# Dataset entries
·····
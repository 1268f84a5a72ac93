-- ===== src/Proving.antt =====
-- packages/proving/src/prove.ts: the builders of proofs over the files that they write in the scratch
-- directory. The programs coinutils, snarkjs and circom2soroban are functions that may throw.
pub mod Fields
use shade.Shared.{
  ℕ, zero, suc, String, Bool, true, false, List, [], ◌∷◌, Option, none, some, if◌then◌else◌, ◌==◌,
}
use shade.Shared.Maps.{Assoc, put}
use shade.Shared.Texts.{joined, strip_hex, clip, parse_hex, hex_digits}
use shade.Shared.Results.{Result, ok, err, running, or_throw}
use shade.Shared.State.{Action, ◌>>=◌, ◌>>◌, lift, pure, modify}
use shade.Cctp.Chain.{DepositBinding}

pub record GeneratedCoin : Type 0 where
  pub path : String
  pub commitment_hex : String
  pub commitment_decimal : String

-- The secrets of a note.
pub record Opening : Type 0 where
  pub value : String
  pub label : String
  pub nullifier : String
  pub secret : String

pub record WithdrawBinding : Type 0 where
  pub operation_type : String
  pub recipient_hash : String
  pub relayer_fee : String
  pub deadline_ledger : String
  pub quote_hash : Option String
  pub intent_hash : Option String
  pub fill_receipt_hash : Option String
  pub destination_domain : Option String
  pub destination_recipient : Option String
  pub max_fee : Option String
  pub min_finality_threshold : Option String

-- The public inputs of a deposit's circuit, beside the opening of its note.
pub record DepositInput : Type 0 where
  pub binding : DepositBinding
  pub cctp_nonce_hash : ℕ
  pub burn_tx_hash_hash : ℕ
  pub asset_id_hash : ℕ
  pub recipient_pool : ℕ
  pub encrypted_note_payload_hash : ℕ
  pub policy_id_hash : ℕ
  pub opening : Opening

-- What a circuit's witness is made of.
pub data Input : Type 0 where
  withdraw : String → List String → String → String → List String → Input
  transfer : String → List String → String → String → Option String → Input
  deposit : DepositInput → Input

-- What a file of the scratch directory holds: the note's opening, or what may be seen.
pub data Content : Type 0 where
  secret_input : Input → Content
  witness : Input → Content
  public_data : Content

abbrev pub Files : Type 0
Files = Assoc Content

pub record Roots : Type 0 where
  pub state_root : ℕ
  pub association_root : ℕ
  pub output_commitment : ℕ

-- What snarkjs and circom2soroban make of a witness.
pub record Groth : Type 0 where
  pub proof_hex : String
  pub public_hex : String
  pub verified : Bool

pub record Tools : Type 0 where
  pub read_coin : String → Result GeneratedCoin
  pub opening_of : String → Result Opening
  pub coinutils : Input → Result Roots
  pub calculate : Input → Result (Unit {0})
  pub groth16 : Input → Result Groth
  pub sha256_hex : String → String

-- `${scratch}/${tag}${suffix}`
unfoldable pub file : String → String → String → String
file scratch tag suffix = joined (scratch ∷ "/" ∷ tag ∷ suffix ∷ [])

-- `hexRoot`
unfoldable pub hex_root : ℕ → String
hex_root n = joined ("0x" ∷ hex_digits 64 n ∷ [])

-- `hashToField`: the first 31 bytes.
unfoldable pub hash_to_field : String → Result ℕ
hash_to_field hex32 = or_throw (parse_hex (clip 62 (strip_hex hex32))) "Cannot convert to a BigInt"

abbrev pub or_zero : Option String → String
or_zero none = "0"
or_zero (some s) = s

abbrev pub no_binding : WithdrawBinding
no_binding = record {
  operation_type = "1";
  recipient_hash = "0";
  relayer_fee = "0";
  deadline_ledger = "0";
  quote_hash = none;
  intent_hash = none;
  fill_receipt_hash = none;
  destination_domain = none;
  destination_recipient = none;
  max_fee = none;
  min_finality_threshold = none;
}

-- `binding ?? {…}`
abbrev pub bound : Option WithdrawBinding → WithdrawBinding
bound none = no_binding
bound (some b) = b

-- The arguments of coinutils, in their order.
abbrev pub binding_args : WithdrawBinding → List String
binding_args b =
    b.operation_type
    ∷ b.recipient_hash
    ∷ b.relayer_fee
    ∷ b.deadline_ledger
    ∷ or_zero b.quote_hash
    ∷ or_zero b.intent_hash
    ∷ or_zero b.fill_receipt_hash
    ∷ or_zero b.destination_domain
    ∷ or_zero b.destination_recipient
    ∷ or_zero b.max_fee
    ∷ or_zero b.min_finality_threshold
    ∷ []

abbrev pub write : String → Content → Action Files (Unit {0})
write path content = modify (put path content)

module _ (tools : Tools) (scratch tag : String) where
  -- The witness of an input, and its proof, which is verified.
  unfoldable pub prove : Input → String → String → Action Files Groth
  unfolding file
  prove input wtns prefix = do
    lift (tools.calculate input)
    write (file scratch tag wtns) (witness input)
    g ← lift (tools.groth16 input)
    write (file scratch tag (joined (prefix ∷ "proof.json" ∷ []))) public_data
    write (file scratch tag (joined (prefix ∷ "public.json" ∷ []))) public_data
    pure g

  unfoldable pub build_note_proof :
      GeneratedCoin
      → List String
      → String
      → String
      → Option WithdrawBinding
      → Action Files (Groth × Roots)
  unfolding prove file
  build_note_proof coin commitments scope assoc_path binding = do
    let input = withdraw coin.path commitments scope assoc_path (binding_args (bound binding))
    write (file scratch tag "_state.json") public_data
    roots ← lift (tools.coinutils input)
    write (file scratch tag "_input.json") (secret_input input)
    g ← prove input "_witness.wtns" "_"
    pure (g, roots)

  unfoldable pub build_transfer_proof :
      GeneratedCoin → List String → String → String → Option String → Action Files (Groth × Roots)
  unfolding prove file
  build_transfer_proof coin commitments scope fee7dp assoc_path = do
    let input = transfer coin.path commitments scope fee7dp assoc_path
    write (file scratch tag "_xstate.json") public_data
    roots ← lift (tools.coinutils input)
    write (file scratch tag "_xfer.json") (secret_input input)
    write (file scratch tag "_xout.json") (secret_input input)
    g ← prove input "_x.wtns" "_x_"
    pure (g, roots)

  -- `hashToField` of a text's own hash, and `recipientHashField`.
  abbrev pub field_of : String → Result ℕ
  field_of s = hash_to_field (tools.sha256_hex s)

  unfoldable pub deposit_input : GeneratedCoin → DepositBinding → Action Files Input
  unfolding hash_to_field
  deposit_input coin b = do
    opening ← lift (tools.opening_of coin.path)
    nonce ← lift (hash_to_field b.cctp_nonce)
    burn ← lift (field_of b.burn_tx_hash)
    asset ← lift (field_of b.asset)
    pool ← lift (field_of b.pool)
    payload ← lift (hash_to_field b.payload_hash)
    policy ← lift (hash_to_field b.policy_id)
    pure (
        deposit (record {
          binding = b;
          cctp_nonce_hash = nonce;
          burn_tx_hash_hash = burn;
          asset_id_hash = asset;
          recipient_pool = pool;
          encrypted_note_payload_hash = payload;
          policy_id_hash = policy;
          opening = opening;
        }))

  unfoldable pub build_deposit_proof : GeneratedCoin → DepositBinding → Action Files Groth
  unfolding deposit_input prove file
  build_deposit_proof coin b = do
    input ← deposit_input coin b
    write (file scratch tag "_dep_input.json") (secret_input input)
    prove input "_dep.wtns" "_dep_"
·····
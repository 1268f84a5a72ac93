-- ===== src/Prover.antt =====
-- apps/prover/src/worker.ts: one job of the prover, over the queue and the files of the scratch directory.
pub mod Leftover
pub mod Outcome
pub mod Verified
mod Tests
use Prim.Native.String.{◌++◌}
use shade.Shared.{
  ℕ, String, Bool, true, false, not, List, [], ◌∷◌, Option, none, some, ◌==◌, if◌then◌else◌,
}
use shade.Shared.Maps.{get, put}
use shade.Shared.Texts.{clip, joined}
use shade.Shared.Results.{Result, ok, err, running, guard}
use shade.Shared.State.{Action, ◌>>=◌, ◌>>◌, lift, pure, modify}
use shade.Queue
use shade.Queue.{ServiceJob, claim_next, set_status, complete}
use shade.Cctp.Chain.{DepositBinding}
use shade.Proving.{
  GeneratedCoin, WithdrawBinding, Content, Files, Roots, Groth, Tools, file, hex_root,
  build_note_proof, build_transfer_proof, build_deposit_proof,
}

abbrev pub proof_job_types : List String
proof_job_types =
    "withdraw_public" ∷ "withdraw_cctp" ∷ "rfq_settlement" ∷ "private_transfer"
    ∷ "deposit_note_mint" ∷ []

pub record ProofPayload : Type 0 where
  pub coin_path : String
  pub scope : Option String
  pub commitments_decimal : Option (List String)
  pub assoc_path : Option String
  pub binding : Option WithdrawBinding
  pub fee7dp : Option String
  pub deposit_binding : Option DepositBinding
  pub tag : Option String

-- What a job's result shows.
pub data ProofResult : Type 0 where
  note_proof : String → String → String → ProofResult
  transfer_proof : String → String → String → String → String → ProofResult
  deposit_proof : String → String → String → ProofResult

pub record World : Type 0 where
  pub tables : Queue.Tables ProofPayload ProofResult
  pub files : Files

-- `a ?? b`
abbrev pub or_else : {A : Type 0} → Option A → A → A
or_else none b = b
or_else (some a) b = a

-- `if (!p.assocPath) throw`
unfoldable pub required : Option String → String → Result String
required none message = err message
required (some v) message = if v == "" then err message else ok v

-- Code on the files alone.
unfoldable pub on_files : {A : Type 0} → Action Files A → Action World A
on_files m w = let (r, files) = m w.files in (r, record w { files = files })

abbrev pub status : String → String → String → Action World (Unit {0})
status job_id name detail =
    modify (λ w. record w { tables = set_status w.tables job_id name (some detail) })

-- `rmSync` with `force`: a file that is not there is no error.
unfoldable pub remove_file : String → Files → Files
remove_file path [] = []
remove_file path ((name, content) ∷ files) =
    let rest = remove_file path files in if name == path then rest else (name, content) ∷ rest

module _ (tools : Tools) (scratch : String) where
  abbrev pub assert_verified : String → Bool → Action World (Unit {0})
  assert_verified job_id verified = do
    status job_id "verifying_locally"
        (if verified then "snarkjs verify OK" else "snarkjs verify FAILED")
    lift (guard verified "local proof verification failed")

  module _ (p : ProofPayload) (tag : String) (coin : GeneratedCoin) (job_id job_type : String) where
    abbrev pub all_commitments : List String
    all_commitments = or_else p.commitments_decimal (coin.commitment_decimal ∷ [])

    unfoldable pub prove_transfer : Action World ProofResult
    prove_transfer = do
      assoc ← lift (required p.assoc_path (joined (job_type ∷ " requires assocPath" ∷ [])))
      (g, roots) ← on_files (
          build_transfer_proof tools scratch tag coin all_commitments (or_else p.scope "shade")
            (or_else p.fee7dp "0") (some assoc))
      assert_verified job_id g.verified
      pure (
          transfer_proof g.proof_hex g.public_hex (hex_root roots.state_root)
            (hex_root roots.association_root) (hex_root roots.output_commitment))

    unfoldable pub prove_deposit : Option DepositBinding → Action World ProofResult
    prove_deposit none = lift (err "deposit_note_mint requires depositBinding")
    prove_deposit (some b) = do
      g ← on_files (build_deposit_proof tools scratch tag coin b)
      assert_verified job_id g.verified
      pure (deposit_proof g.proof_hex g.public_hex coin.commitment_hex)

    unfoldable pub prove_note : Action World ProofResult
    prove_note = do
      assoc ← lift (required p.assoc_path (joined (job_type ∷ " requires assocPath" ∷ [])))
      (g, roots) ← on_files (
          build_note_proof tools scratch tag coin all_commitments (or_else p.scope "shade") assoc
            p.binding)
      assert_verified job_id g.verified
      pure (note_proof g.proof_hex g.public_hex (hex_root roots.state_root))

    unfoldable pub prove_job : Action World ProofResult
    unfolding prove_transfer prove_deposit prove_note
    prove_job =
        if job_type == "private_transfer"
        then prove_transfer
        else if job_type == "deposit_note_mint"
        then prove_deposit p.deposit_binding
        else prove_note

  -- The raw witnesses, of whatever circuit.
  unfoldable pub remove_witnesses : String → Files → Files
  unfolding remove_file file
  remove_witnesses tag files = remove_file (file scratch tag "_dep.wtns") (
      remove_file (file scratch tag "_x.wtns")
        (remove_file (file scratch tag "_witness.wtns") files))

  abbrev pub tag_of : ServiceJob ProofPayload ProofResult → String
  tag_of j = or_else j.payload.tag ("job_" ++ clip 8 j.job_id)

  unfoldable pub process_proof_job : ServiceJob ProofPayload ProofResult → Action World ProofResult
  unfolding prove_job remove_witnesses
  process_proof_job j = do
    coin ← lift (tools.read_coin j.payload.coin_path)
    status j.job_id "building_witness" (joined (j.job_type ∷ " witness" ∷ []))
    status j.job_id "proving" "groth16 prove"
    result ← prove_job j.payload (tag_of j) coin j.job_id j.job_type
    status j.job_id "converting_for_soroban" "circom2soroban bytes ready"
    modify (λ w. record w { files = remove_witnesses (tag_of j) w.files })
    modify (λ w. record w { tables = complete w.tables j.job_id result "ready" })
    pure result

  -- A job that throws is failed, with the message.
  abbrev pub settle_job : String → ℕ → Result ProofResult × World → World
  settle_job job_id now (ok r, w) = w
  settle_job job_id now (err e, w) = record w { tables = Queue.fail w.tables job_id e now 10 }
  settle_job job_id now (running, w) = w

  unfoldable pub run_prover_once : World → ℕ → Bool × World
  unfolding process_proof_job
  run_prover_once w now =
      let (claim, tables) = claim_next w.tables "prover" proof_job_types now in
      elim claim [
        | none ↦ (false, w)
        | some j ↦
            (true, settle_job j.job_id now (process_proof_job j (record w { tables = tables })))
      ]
·····
# Task to complete
What lines in the records contain the word "unfolding"? Return each one.

# Response to the task
  unfolding file
  unfolding prove file
  unfolding prove file
  unfolding hash_to_field
  unfolding deposit_input prove file
    unfolding prove_transfer prove_deposit prove_note
  unfolding remove_file file
  unfolding prove_job remove_witnesses
  unfolding process_proof_job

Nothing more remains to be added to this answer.